[Stored items]
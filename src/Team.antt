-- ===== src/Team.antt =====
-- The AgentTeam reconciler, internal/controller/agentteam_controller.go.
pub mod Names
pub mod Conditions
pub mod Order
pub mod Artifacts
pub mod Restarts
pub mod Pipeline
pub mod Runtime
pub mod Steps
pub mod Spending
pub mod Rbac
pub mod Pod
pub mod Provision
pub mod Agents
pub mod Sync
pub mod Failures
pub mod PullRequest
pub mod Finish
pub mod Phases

* * *

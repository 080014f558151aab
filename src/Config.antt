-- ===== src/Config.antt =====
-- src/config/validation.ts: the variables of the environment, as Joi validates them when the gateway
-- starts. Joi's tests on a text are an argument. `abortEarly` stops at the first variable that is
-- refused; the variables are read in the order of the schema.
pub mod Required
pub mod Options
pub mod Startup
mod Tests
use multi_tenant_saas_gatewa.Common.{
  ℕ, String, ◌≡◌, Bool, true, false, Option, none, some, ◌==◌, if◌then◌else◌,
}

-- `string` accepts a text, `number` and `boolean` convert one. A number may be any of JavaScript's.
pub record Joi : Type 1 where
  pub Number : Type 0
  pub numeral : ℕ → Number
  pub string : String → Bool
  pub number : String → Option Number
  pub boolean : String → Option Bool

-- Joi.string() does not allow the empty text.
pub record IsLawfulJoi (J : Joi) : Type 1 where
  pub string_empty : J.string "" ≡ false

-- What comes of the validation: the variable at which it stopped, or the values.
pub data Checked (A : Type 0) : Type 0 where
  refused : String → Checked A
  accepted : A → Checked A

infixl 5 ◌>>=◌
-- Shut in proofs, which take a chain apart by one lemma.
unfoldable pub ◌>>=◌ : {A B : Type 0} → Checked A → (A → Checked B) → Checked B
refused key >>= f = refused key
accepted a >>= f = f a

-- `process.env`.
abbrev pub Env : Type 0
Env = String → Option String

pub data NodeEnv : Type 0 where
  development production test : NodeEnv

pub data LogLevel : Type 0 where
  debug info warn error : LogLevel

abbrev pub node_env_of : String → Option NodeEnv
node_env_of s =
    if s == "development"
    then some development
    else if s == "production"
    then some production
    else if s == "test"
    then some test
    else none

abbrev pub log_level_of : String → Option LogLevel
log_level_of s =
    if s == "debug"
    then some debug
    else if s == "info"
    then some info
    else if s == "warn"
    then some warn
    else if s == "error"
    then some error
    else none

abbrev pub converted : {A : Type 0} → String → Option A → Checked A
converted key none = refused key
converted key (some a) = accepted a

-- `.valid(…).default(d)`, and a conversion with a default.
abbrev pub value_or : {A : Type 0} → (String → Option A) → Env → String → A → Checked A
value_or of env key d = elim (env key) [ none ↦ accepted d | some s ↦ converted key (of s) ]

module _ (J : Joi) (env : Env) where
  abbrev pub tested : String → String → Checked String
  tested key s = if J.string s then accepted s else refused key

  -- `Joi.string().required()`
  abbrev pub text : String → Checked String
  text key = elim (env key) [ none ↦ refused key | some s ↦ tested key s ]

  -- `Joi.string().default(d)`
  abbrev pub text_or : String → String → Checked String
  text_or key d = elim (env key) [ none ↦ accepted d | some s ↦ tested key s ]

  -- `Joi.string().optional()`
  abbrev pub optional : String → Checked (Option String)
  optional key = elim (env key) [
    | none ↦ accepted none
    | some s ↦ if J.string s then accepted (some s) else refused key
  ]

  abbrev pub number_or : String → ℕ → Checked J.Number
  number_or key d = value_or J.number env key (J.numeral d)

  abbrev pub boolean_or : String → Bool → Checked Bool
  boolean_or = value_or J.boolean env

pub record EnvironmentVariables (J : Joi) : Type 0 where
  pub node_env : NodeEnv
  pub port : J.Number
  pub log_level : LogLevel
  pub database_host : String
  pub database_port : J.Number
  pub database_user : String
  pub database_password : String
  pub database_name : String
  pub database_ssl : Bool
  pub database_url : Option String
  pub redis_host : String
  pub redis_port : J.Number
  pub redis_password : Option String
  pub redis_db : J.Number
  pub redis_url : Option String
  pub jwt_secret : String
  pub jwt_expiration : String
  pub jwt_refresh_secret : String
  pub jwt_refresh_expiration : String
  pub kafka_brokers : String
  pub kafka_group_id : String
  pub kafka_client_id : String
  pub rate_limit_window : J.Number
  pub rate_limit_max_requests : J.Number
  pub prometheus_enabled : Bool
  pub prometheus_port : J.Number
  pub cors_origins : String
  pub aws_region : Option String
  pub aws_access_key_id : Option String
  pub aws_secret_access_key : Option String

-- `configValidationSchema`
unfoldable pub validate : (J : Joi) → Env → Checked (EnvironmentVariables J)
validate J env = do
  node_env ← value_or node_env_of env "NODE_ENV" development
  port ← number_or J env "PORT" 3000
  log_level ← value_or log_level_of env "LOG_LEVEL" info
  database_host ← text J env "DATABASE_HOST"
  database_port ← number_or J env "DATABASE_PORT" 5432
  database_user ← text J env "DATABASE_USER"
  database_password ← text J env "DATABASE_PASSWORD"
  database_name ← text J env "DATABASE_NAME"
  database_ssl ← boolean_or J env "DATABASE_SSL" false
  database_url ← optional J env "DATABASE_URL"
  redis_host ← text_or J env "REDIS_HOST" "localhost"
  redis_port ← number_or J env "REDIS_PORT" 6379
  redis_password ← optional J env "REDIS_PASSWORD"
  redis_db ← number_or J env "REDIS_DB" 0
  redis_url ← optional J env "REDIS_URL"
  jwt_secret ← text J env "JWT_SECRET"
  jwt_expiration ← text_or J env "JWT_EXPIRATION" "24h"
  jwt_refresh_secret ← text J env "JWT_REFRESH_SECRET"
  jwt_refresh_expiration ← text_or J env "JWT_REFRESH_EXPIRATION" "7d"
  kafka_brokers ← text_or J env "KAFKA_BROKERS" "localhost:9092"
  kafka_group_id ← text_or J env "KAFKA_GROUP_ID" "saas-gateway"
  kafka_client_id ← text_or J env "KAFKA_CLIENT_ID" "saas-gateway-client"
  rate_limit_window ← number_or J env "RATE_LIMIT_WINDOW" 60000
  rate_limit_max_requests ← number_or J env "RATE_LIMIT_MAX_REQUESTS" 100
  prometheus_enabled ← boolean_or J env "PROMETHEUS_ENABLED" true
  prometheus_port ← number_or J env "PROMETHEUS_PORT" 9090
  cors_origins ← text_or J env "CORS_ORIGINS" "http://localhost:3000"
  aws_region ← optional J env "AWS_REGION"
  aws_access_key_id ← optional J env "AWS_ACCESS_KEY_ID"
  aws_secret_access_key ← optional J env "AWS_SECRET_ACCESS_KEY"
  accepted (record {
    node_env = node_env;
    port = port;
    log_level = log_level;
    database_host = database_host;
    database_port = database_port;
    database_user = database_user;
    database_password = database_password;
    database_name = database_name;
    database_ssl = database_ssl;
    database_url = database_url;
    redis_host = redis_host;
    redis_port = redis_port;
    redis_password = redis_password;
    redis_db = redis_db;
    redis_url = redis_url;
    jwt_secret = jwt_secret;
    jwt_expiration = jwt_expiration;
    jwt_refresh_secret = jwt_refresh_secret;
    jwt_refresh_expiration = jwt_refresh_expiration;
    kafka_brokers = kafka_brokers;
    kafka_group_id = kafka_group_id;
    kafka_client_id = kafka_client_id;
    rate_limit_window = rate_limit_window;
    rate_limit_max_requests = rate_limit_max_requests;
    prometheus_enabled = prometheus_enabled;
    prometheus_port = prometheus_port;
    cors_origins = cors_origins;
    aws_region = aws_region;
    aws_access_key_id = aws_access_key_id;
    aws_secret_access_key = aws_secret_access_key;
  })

PROBLEM DESCRIPTION | Give again exactly, and only, the lines above starting at the one with "pub jwt_secret : String" and ending at the one with "redis_host ← text_or".

EXPECTED OUTPUT |
  pub jwt_secret : String
  pub jwt_expiration : String
  pub jwt_refresh_secret : String
  pub jwt_refresh_expiration : String
  pub kafka_brokers : String
  pub kafka_group_id : String
  pub kafka_client_id : String
  pub rate_limit_window : J.Number
  pub rate_limit_max_requests : J.Number
  pub prometheus_enabled : Bool
  pub prometheus_port : J.Number
  pub cors_origins : String
  pub aws_region : Option String
  pub aws_access_key_id : Option String
  pub aws_secret_access_key : Option String

-- `configValidationSchema`
unfoldable pub validate : (J : Joi) → Env → Checked (EnvironmentVariables J)
validate J env = do
  node_env ← value_or node_env_of env "NODE_ENV" development
  port ← number_or J env "PORT" 3000
  log_level ← value_or log_level_of env "LOG_LEVEL" info
  database_host ← text J env "DATABASE_HOST"
  database_port ← number_or J env "DATABASE_PORT" 5432
  database_user ← text J env "DATABASE_USER"
  database_password ← text J env "DATABASE_PASSWORD"
  database_name ← text J env "DATABASE_NAME"
  database_ssl ← boolean_or J env "DATABASE_SSL" false
  database_url ← optional J env "DATABASE_URL"
  redis_host ← text_or J env "REDIS_HOST" "localhost"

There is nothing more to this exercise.